The condenser of a refrigeration system steadily admits $\dot{m} = 50 g/s$ of saturated R134a with a pressure $P_1 = 650kPa$ and a quality $x_1 = 0.9$. The condenser rejects $\dot{Q} = 7kW$ of heat to the surroundings at T = $20^{o}$C so that the refrigerant comes out of the condenser at a lower quality $x_2$. Assume there is no pressure drop along the condenser $P_2 = P_1$
Identify all the sources of irreversibility.
Calculate the total rate of entropy generated by this process $\dot{S}_{gen}$.
Calculate the rate of lost work for this process, $\dot{W}_{lost}$.

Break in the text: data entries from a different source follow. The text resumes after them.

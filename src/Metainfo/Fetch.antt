-- ===== src/Metainfo/Fetch.antt =====
-- metainfo.js, `fetchMetadata`: one connection, as a machine that takes the events of the socket, the
-- wire and the two timers, in any order.
pub mod Once
mod Tests
use swarmproof.Base.{
  Bool, List, Option, [], false, if◌then◌else◌, none, not, some, true, ℕ, ◌&&◌, ◌-◌, ◌==◌, ◌∷◌,
}
use swarmproof.Metainfo.{Info, Meta, read_info}

-- The object that the promise resolves to.
pub record Result : Type 0 where
  pub ok : Bool
  pub connected : Bool
  pub connect_ms : Option ℕ
  pub total_ms : ℕ
  pub metadata : Option Meta

-- The two timers, the wire's handlers, when the socket connected, and what the promise has resolved to
-- (the source's `done` is that it has).
pub record Fetch : Type 0 where
  pub t0 : ℕ
  pub connected_at : Option ℕ
  pub overall_timer : Bool
  pub connect_timer : Bool
  pub wired : Bool
  pub result : Option Result

pub data Event : Type 0 where
  -- 'connect'; the flag is whether setting up the wire and its handshake succeeds
  connects : Bool → Event
  -- 'error', 'close' or 'timeout' of the socket
  socket_fails : Event
  -- 'error' of the wire, or 'warning' of the extension
  wire_fails : Event
  -- the metadata, verified against the infohash by the extension
  served : Option Info → Event
  overall_deadline : Event
  connect_deadline : Event

-- `fetchMetadata`, up to its first event: `net.connect` throws, or not.
pub was_set : Option ℕ → Bool
was_set none = false
was_set (some t) = not (t == 0)

pub is_some_time : Option ℕ → Bool
is_some_time none = false
is_some_time (some t) = true

pub connect_time : ℕ → Option ℕ → Option ℕ
connect_time t0 none = none
connect_time t0 (some t) = if t == 0 then none else some (t - t0)

pub has_value : Option Meta → Bool
has_value none = false
has_value (some v) = true

pub result_of : Option Meta → ℕ → Fetch → Result
unfolding has_value is_some_time connect_time
result_of found now s = record {
  ok = has_value found;
  connected = is_some_time s.connected_at;
  connect_ms = connect_time s.t0 s.connected_at;
  total_ms = now - s.t0;
  metadata = found;
}

pub finish : Option Meta → ℕ → Fetch → Fetch
unfolding result_of
finish found now s = elim s.result [
  | some r ↦ s
  | none ↦ record s {
    overall_timer = false;
    connect_timer = false;
    wired = false;
    result = some (result_of found now s);
  }
]

pub open_fetch : ℕ → Fetch
open_fetch now = record {
  t0 = now;
  connected_at = none;
  overall_timer = true;
  connect_timer = true;
  wired = false;
  result = none;
}

pub start : ℕ → Bool → Fetch
unfolding open_fetch finish
start now opened = if opened then open_fetch now else finish none now (open_fetch now)

-- The handler of 'connect'.
pub on_connect : Bool → ℕ → Fetch → Fetch
unfolding finish
on_connect sets_up now s = elim s.result [
  | some r ↦ s
  | none ↦
      let s' = record s { connected_at = some now; connect_timer = false; wired = true } in
      if sets_up then s' else finish none now s'
]

-- One event at a time of the clock. A timer that is cleared does not fire, and a wire that is not
-- there, or is destroyed, has no events.
pub on_event : Fetch → ℕ × Event → Fetch
unfolding on_connect finish was_set read_info
on_event s (now, connects sets_up) = on_connect sets_up now s
on_event s (now, socket_fails) = finish none now s
on_event s (now, wire_fails) = if s.wired then finish none now s else s
on_event s (now, served info) = if s.wired then finish (read_info info) now s else s
on_event s (now, overall_deadline) = if s.overall_timer then finish none now s else s
on_event s (now, connect_deadline) =
    if s.connect_timer && not (was_set s.connected_at) then finish none now s else s

pub run_events : Fetch → List (ℕ × Event) → Fetch
unfolding on_event
run_events s [] = s
run_events s (e ∷ es) = run_events (on_event s e) es
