-- ===== src/Stream/Media.antt =====
-- streamServer.js: the file that is served (`_pickMediaFile`), and the pieces that are asked for first
-- (`_selectByteRange`, `_prioritizeStart`, `prioritizePlayhead`).
--
-- A range of bytes is given by its first byte and the place behind its last, since the last byte of an
-- empty file would be -1. The same holds of a range of pieces.
pub mod Picked
pub mod Pieces
mod Tests
use swarmproof.Base.{
  Bool, List, Option, [], any, filter, if◌then◌else◌, ltb, min, none, some, ℕ, ◌+◌, ◌-◌, ◌/◌, ◌||◌,
  ◌∷◌,
}
use swarmproof.Base.Text.{Text, same, text}
use swarmproof.Crawler.Run.{stop}
use swarmproof.Metainfo.Fetch.{start}
use swarmproof.Worker.Input.{lower}

pub record File : Type 0 where
  pub name : Text
  pub size : ℕ
  -- where the file begins in the torrent
  pub offset : ℕ

unfoldable pub ends_with : Text → Text → Bool
ends_with t [] = same t []
ends_with t (c ∷ name) = same t (c ∷ name) || ends_with t name

-- `/\.(mp4|mkv|avi|webm|mov|m4v)$/i`
unfoldable pub is_video : Text → Bool
unfolding ends_with
is_video name =
    any (λ e. ends_with e (lower name))
      (text ".mp4" ∷ text ".mkv" ∷ text ".avi" ∷ text ".webm" ∷ text ".mov" ∷ text ".m4v" ∷ [])

-- `(a, b) => (a.length > b.length ? a : b)`
unfoldable pub larger : File → File → File
larger a b = if ltb b.size a.size then a else b

unfoldable pub largest_from : File → List File → File
unfolding larger
largest_from a [] = a
largest_from a (b ∷ fs) = largest_from (larger a b) fs

unfoldable pub largest : List File → Option File
unfolding largest_from
largest [] = none
largest (f ∷ fs) = some (largest_from f (f ∷ fs))

unfoldable pub media_pool : List File → List File → List File
media_pool [] files = files
media_pool (v ∷ videos) files = v ∷ videos

-- `_pickMediaFile`
unfoldable pub pick_media_file : List File → Option File
unfolding largest media_pool is_video
pick_media_file files = largest (media_pool (filter (λ f. is_video f.name) files) files)

-- The pieces from `first` up to `past_last`.
pub record Selection : Type 0 where
  pub first : ℕ
  pub past_last : ℕ

-- `_selectByteRange`, for the bytes from `start` up to `stop` of the file.
unfoldable pub select_byte_range : ℕ → File → ℕ → ℕ → Selection
select_byte_range piece_length file start stop = record {
  first = (file.offset + start) / piece_length;
  past_last = (file.offset + stop + (piece_length - 1)) / piece_length;
}

abbrev pub head_tail_bytes : ℕ
head_tail_bytes = 2_097_152

-- The critical selections of `_prioritizeStart`: the head and the tail.
unfoldable pub prioritize_start : ℕ → File → Selection × Selection
unfolding select_byte_range
prioritize_start piece_length file = (
  select_byte_range piece_length file 0 (min (head_tail_bytes + 1) file.size),
  select_byte_range piece_length file (file.size - head_tail_bytes) file.size,
)

abbrev pub window_bytes : ℕ
window_bytes = 8_388_608

-- `prioritizePlayhead`, when a file is served.
unfoldable pub prioritize_playhead : ℕ → File → ℕ → Selection
unfolding select_byte_range
prioritize_playhead piece_length file byte_offset =
    select_byte_range piece_length file byte_offset (min file.size (byte_offset + window_bytes + 1))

Calculate the rate of lost work $\dot{W}_{lost,HT}$ due to the entropy generation associated with irreversible heat transfer only
$$\dot{m}\cdot h_{in} = \dot{m}\cdot h_{out} + \dot{Q}_{out}$$ $$h_{out} = h_{in} - \frac{\dot{Q}_{out}}{\dot{m}}$$
Here I used the calculated value of enthalpy and the given value of P to fix the state to calculate entropy at both the inlet and the outlet. $$\dot{S}_{m,in} + \dot{S}_{gen} = \dot{S}_{m,out} + \dot{S}_{Q,out}$$ $$\dot{S}_{gen} = \dot{m}\cdot s_{m,out} + \frac{\dot{Q}_{out}}{T} - \dot{m}\cdot s_{m,in}$$ $$\dot{S}_{gen} = (0.05\frac{kg}{s})(0.8608\frac{kJ}{kg-K} - 0.39\frac{kJ}{kg-K}) + \frac{7kW}{293.15K} = 0.04742\frac{kJ}{K-s}$$ $$\dot{W}_{lost} = T\cdot \dot{S}_{gen} = 13.9kW$$ This is where I get lost. What are the other irreversible processes? I thought that the only irreversible process here was heat transfer out of the system. I know that if I change my system boundaries to enclose the entire system then the $\dot{W}_{in}$ has to be equal to $\dot{Q}_{out}$, but that doesn't seem to be what the question is asking. What am I missing/doing wrong?